Wait… again, 49 of those hits are coming from the month in which the post was made. The street sign gallery more than doubled that the previous month alone. And I’m looking at a daily average of 408 hits for June (across all pages and including reloads) but only 136 for this month. That includes 1873 hits June 6.

This (scroll down to the comments) accounts for only 148 of the “referrers”, with all the higher ones being either direct hits or coming from the website itself, mostly the webcomic. Again, this is across all page views. So that helps explain the deluge for the web site.

But I last mentioned the street sign gallery on July 17, when I also mentioned Klein’s gallery, and before that it had been ages since I brought it up. So where did 101 hits for the street sign gallery, of all things, come from? The only thing I can think of is that a lot of my referrals come from Google Image Search, and they can’t all be Sandsday.

But it also got me thinking about something else. Subtract any referrers that begin with “morganwick.freehostia.com”, and in July so far, I have a total of 749 hits to my web site, doubtless some of them referring to images, and 15 of them coming from variants of morganwick.blogspot.com. And some of them are probably me. By contrast, I have about 370 hits to Da Blog in the last month and about 640 page views. That’s an average of 25 a day to the web site and 21 page views on Da Blog, with half a hit a day coming from Da Blog to the web site.

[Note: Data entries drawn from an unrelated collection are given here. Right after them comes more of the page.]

module _ {J : Type 0} (D : Table J) (L : IsDict compare_session_id D) (P : Pthread)
    (M : IsMutex P) where
  abbrev pub IsHeld : Sessions D P → Type 0
  IsHeld s = s.mutex ≡ M.held

  lock_waits : (s : Sessions D P) → IsHeld s → lock D P s ≡ blocks
  unfolding lock
  lock_waits s held = rw (held, M.lock-held)

  pub unlock_frees :
      (s : Sessions D P) → IsHeld s → unlock D P s ≡ ret (record s { mutex = P.init })
  unfolding unlock
  unlock_frees s held = rw (held, M.unlock-held)

  -- What a thread inside has before it comes to what its call comes to, made alone at `s₁`.
  abbrev pub Continues : Sessions D P → Sessions D P → Call J → Code J → Type 0
  Continues s₁ s op k = IsCritical k × (run D P k s ≡ perform D P op s₁)

  abbrev pub Fits : Sessions D P → Sessions D P → Call J → Code J → Type 0
  Fits s₁ s op (answers a) = Unit
  Fits s₁ s op (locks k) =
      IsCritical k × ((r : Sessions D P) → run D P (locks k) r ≡ perform D P op r)
  Fits s₁ s op (unlocks k) = Continues s₁ s op (unlocks k)
  Fits s₁ s op (inserts req seen k) = Continues s₁ s op (inserts req seen k)
  Fits s₁ s op (asserts b k) = Continues s₁ s op (asserts b k)
  Fits s₁ s op (looks_up req k) = Continues s₁ s op (looks_up req k)
  Fits s₁ s op (deletes tempnode k) = Continues s₁ s op (deletes tempnode k)

  abbrev pub AllFit : Sessions D P → Sessions D P → List (Thread J) → Type 0
  AllFit s₁ s [] = Unit
  AllFit s₁ s ((op, k) ∷ ts) = Fits s₁ s op k × AllFit s₁ s ts

  Continues-Fits :
      (s₁ s : Sessions D P) (op : Call J) (k : Code J) → Continues s₁ s op k → Fits s₁ s op k
  Continues-Fits s₁ s op (unlocks k) c = c
  Continues-Fits s₁ s op (inserts req seen k) c = c
  Continues-Fits s₁ s op (asserts b k) c = c
  Continues-Fits s₁ s op (looks_up req k) c = c
  Continues-Fits s₁ s op (deletes tempnode k) c = c
  Continues-Fits s₁ s op (answers a) c = tt
  Continues-Fits s₁ s op (locks k) c = absurd c.0

  pub Fits-Continues :
      (s₁ s : Sessions D P) (op : Call J) (k : Code J)
      → weight k ≡ 1
      → Fits s₁ s op k
      → Continues s₁ s op k
  Fits-Continues s₁ s op (unlocks k) one fits = fits
  Fits-Continues s₁ s op (inserts req seen k) one fits = fits
  Fits-Continues s₁ s op (asserts b k) one fits = fits
  Fits-Continues s₁ s op (looks_up req k) one fits = fits
  Fits-Continues s₁ s op (deletes tempnode k) one fits = fits
  Fits-Continues s₁ s op (answers a) one fits = absurd (omega arith)
  Fits-Continues s₁ s op (locks k) one fits = absurd (omega arith)

  -- The threads outside do not depend on the table.
  outside_Fits :
      (s₁ s s₂ s' : Sessions D P) (op : Call J) (k : Code J)
      → weight k ≡ 0
      → Fits s₁ s op k
      → Fits s₂ s' op k
  outside_Fits s₁ s s₂ s' op (answers a) out fits = tt
  outside_Fits s₁ s s₂ s' op (locks k) out fits = fits
  outside_Fits s₁ s s₂ s' op (unlocks k) out fits = absurd (omega arith)
  outside_Fits s₁ s s₂ s' op (inserts req seen k) out fits = absurd (omega arith)
  outside_Fits s₁ s s₂ s' op (asserts b k) out fits = absurd (omega arith)
  outside_Fits s₁ s s₂ s' op (looks_up req k) out fits = absurd (omega arith)
  outside_Fits s₁ s s₂ s' op (deletes tempnode k) out fits = absurd (omega arith)

  outside_AllFit :
      (s₁ s s₂ s' : Sessions D P) (ts : List (Thread J))
      → inside ts ≡ 0
      → AllFit s₁ s ts
      → AllFit s₂ s' ts
  outside_AllFit s₁ s s₂ s' [] out fits = tt
  outside_AllFit s₁ s s₂ s' ((op, k) ∷ ts) out fits = (
    outside_Fits s₁ s s₂ s' op k (omega arith) fits.0,
    outside_AllFit s₁ s s₂ s' ts (omega arith) fits.1,
  )

  pub picked :
      (s₁ s : Sessions D P) {op : Call J} {k k' : Code J} {ts us : List (Thread J)}
      → Turns (op, k) (op, k') ts us
      → AllFit s₁ s ts
      → Fits s₁ s op k
  picked s₁ s here fits = fits.0
  picked s₁ s (there {x = (o, k₁)} t) fits = picked s₁ s t fits.1

  -- One thread goes on, and all others are outside.
  AllFit-Turns :
      (s₁ s s₂ s' : Sessions D P) {op : Call J} {k k' : Code J} {ts us : List (Thread J)}
      → Turns (op, k) (op, k') ts us
      → inside ts ≡ weight k
      → AllFit s₁ s ts
      → Fits s₂ s' op k'
      → AllFit s₂ s' us
  AllFit-Turns s₁ s s₂ s' (here {ps = ts}) alone fits new =
      (new, outside_AllFit s₁ s s₂ s' ts (omega arith) fits.1)
  AllFit-Turns s₁ s s₂ s' (there {x = (o, k₁)} t) alone fits new = (
    outside_Fits s₁ s s₂ s' o k₁ (omega (arith, weight-Turns t)) fits.0,
    AllFit-Turns s₁ s s₂ s' t (omega (arith, weight-Turns t)) fits.1 new,
  )

  -- A step of the code inside leaves it inside, with the mutex held, or brings it to its answer,
  -- with the mutex free.
  abbrev Goes : Code J → Sessions D P → Type 0
  Goes k' s' = (IsCritical k' × IsHeld s') ⊎ ((a : ℤ) × (k' ≡ answers a) × Idle D L P M s')

  arrives :
      (k : Code J) (s : Sessions D P) {x y : Code J × Sessions D P}
      → x ≡ y
      → Goes y.0 y.1
      → run D P k s ≡ run D P y.0 y.1
      → Goes x.0 x.1 × (run D P k s ≡ run D P x.0 x.1)
  arrives k s same lands runs =
      subst (λ z. Goes z.0 z.1 × (run D P k s ≡ run D P z.0 z.1)) (sym same) (lands, runs)

  critical_step :
      (k k' : Code J) (s s' : Sessions D P)
      → IsCritical k
      → IsHeld s
      → exec D P k s ≡ ret (k', s')
      → Goes k' s' × (run D P k s ≡ run D P k' s')
  unfolding exec
  critical_step (inserts req seen k) k' s s' c held e =
      let (r, inserted, e₂) = returned (D.alloc_insert s.dict req seen) _ (k', s') e in
      arrives (inserts req seen k) s (ret-injective e₂) (inl (c r.0, held)) (rw inserted refl)
  critical_step (asserts b k) k' s s' c held e =
      let (u, holds, e₂) = returned (check b) _ (k', s') e in
      arrives (asserts b k) s (ret-injective e₂) (inl (c, held)) (rw holds refl)
  critical_step (looks_up req k) k' s s' c held e =
      arrives (looks_up req k) s (ret-injective e) (inl (c (D.lookup s.dict req), held)) refl
  critical_step (deletes tempnode k) k' s s' c held e =
      let (d, deleted, e₂) = returned (D.delete_free s.dict tempnode) _ (k', s') e in
      arrives (deletes tempnode k) s (ret-injective e₂) (inl (c, held)) (rw deleted refl)
  critical_step (unlocks k) k' s s' c held e =
      let (u, freed, e₂) = returned (unlock D P s) _ (k', s') e in
      let idle : Idle D L P M u =
        ap (λ x. x.mutex) (ret-injective (sym (unlock_frees s held) ∙ freed)) in
      arrives (unlocks k) s (ret-injective e₂) (inr (c.0, c.1, idle)) (rw freed refl)
  critical_step (answers a) k' s s' c held e = absurd c
  critical_step (locks k) k' s s' c held e = absurd c

  -- The mutex is held exactly while one thread is between its lock and its unlock.
  abbrev pub IsExclusive : Scene D P → Type 0
  IsExclusive c =
      ((c.shared.mutex ≡ P.init) × (inside c.threads ≡ 0))
      ⊎ (IsHeld c.shared × (inside c.threads ≡ 1))

  -- The finished calls, made alone one after the other in some order with the same answers, give
  -- a table `s₁`. It is the shared one as long as no thread is inside, and what a thread inside
  -- has before it comes to what its call comes to at `s₁`.
  abbrev pub IsSerial : Sessions D P → Scene D P → Type 0
  IsSerial s c =
      (history : List (Call J × ℤ)) × (s₁ : Sessions D P) × Perm history (answered c.threads)
      × Replay D P history s s₁
      × Idle D L P M s₁
      × (inside c.threads ≡ 0 → c.shared ≡ s₁)
      × AllFit s₁ c.shared c.threads

  Replay-append :
      (history : List (Call J × ℤ)) (s s₁ s₂ : Sessions D P) (op : Call J) (answer : ℤ)
      → Replay D P history s s₁
      → perform D P op s₁ ≡ ret (answer, s₂)
      → Replay D P (history ++ ((op, answer) ∷ [])) s s₂
  unfolding Replay
  Replay-append [] s s₁ s₂ op answer same done = (s₂, rw same done, refl)
  Replay-append ((o, a) ∷ history) s s₁ s₂ op answer (s', did, rest) done =
      (s', did, Replay-append history s' s₁ s₂ op answer rest done)

  perm-snoc :
      {A : Type 0} (x : A) (xs ys zs : List A)
      → Perm xs ys
      → Perm zs (x ∷ ys)
      → Perm (xs ++ (x ∷ [])) zs
  perm-snoc x xs ys zs p q =
      Perm.trans (perm_middle xs []) (Perm.trans (Perm.cons x (rw (append-nil xs) p)) (Perm.symm q))

  -- A thread takes the mutex.
  enters_Serial :
      (s : Sessions D P) {c c' : Scene D P} (op : Call J) (k : Code J)
      → (c'.shared ≡ record c.shared { mutex = M.held })
      → Turns (op, locks k) (op, k) c.threads c'.threads
      → Idle D L P M c.shared
      → inside c.threads ≡ 0
      → IsSerial s c
      → IsExclusive c' × IsSerial s c'
  enters_Serial s {c = c} {c' = c'} op k same t idle empty (h, s₁, p, r, idle₁, agrees, fits) =
      let (critical, begins) = picked s₁ c.shared t fits in
      let one : weight k ≡ 1 = IsCritical-weight k critical in
      let continues : run D P k c'.shared ≡ perform D P op s₁ =
        rw same (rw (← agrees empty) (rw (lock-Idle D L P M c.shared idle) at (begins c.shared))) in
      (
        inr (ap (λ x. x.mutex) same, omega (arith, inside-Turns t)),
        (
          h,
          s₁,
          rw (answered-goes (λ xs. sym (silent_critical op k critical xs)) t) p,
          r,
          idle₁,
          λ none_inside. absurd (omega (arith, inside-Turns t)),
          AllFit-Turns s₁ c.shared s₁ c'.shared t (omega arith) fits
              (Continues-Fits s₁ c'.shared op k (critical, continues)),
        ),
      )

  -- The thread inside takes a step: it stays inside, or it comes to its answer.
  inside_Serial :
      (s : Sessions D P) {c c' : Scene D P} (op : Call J) (k k' : Code J)
      → exec D P k c.shared ≡ ret (k', c'.shared)
      → Turns (op, k) (op, k') c.threads c'.threads
      → IsHeld c.shared
      → inside c.threads ≡ 1
      → ((s₁ : Sessions D P) → AllFit s₁ c.shared c.threads → Continues s₁ c.shared op k)
      → IsSerial s c
      → IsExclusive c' × IsSerial s c'
  inside_Serial s {c = c} {c' = c'} op k k' did t held one inner
        (h, s₁, p, r, idle₁, agrees, fits) =
      let (critical, continues) = inner s₁ fits in
      let weighs : weight k ≡ 1 = IsCritical-weight k critical in
      let (lands, runs) = critical_step k k' c.shared c'.shared critical held did in
      elim lands [
        | inl (critical', held') ↦
            let weighs' : weight k' ≡ 1 = IsCritical-weight k' critical' in
            (
              inr (held', omega (arith, inside-Turns t)),
              (
                h,
                s₁,
                rw
                    (answered-goes
                      (λ xs.
                        silent_critical op k critical xs ∙ sym (silent_critical op k' critical' xs))
                      t)
                    p,
                r,
                idle₁,
                λ none_inside. absurd (omega (arith, inside-Turns t)),
                AllFit-Turns s₁ c.shared s₁ c'.shared t (omega arith) fits
                    (Continues-Fits s₁ c'.shared op k' (critical', sym runs ∙ continues)),
              ),
            )
        | inr (a, ends, idle') ↦
            let t' : Turns (op, k) (op, answers a) c.threads c'.threads =
              subst (λ x. Turns (op, k) (op, x) c.threads c'.threads) ends t in
            let done : perform D P op s₁ ≡ ret (a, c'.shared) =
              sym continues ∙ runs ∙ ap (λ x. run D P x c'.shared) ends in
            let out : inside c'.threads ≡ 0 = omega (arith, inside-Turns t') in
            (
              inl (idle', out),
              (
                h ++ ((op, a) ∷ []),
                c'.shared,
                perm-snoc (op, a) h _ _ p (answered-ends a (silent_critical op k critical) t'),
                Replay-append h s s₁ c'.shared op a r done,
                idle',
                λ none_inside. refl,
                AllFit-Turns s₁ c.shared c'.shared c'.shared t' (omega arith) fits tt,
              ),
            )
      ]

  -- A step of a thread that is between its lock and its unlock.
  between_Serial :
      (s : Sessions D P) {c c' : Scene D P} (op : Call J) (k k' : Code J)
      → weight k ≡ 1
      → exec D P k c.shared ≡ ret (k', c'.shared)
      → Turns (op, k) (op, k') c.threads c'.threads
      → IsExclusive c
      → IsSerial s c
      → IsExclusive c' × IsSerial s c'
  between_Serial s op k k' weighs did t (inl (idle, empty)) serial =
      absurd (omega (arith, weight-Turns t))
  between_Serial s {c = c} {c' = c'} op k k' weighs did t (inr (held, one)) serial =
      inside_Serial s {c = c} {c' = c'} op k k' did t held one
        (λ s₁ fits. Fits-Continues s₁ c.shared op k weighs (picked s₁ c.shared t fits)) serial

  Step-Serial :
      (s : Sessions D P) {c c' : Scene D P}
      → Step D P c c'
      → IsExclusive c
      → IsSerial s c
      → IsExclusive c' × IsSerial s c'
  unfolding exec
  Step-Serial s (goes op (answers a) k' did t) exclusive serial = absurd (cc did)
  Step-Serial s {c = c} (goes op (locks k) k' {s = s'} {ts = ts} did t) (inl (idle, empty)) serial =
      let same : (k', s') ≡ (k, record c.shared { mutex = M.held }) =
        ret-injective (rw (lock-Idle D L P M c.shared idle) at did) in
      enters_Serial s {c = c} {c' = record { shared = s'; threads = ts }} op k (ap (λ x. x.1) same)
        (subst (λ x. Turns (op, locks k) (op, x) c.threads ts) (ap (λ x. x.0) same) t) idle empty
        serial
  Step-Serial s {c = c} (goes op (locks k) k' did t) (inr (held, one)) serial =
      absurd (cc (rw (lock_waits c.shared held) at did))
  Step-Serial s (goes op (unlocks k) k' did t) exclusive serial =
      between_Serial s op (unlocks k) k' refl did t exclusive serial
  Step-Serial s (goes op (inserts req seen k) k' did t) exclusive serial =
      between_Serial s op (inserts req seen k) k' refl did t exclusive serial
  Step-Serial s (goes op (asserts b k) k' did t) exclusive serial =
      between_Serial s op (asserts b k) k' refl did t exclusive serial
  Step-Serial s (goes op (looks_up req k) k' did t) exclusive serial =
      between_Serial s op (looks_up req k) k' refl did t exclusive serial
  Step-Serial s (goes op (deletes tempnode k) k' did t) exclusive serial =
      between_Serial s op (deletes tempnode k) k' refl did t exclusive serial

  -- Every call has its lock first, and its unlock before its answer.
  start-AllFit : (s₁ s : Sessions D P) (ops : List (Call J)) → AllFit s₁ s (map at_start ops)
  unfolding perform add remove contains
  start-AllFit s₁ s [] = tt
  start-AllFit s₁ s (adding req ∷ ops) = ((λ r. (pos 0, refl), λ r. refl), start-AllFit s₁ s ops)
  start-AllFit s₁ s (removing req ∷ ops) = ((λ n. (pos 0, refl), λ r. refl), start-AllFit s₁ s ops)
  start-AllFit s₁ s (asking req ∷ ops) = ((λ n. (_, refl), λ r. refl), start-AllFit s₁ s ops)

  -- However the single steps of threads interleave that call `add`, `remove` and `contains` on
  -- one table, each of them once, the mutex is free and no thread is between its lock and its
  -- unlock, or it is held and exactly one is. The finished calls, made without interruption one
  -- after the other in some order from the same start, return the same answers and lead to a
  -- table: the shared one if no thread is inside, and otherwise the one at which the call of the
  -- thread inside comes to what the steps left to that thread come to. The mutex is free at the
  -- start. The dictionary and the mutex behave as documented.
  pub Reach-Serial :
      (s : Sessions D P) (ops : List (Call J)) {c : Scene D P}
      → Idle D L P M s
      → Reach D P s ops c
      → IsExclusive c × IsSerial s c
  unfolding Replay
  Reach-Serial s ops idle start = (
    inl (idle, inside-start ops),
    (
      [],
      s,
      rw (answered-start ops) Perm.rfl,
      refl,
      idle,
      λ none_inside. refl,
      start-AllFit s s ops,
    ),
  )
  Reach-Serial s ops idle (later run step) =
      let (exclusive, serial) = Reach-Serial s ops idle run in Step-Serial s step exclusive serial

It’s not exactly the most popular of sites, but I am thinking of making some changes to capitalize on what little popularity I have. Stay tuned.

(Oh, and after my e-mail contained a lengthy explanation of several signs for someone unfamiliar with Seattle, I find out Mr. Klein had seen many of the signs I had before, just had never taken any pictures of them.)

Random Internet Discovery of the Week

Cooking By Numbers this week. Have a look if you want. I don’t have much to say about it.

Judging by the results of the poll, I’m going to be using all the StumbleUpon interests. Sorry for pushing the polls down with the sheer size of the label list. I need to find a more compact label list that doesn’t require me to do some hacking.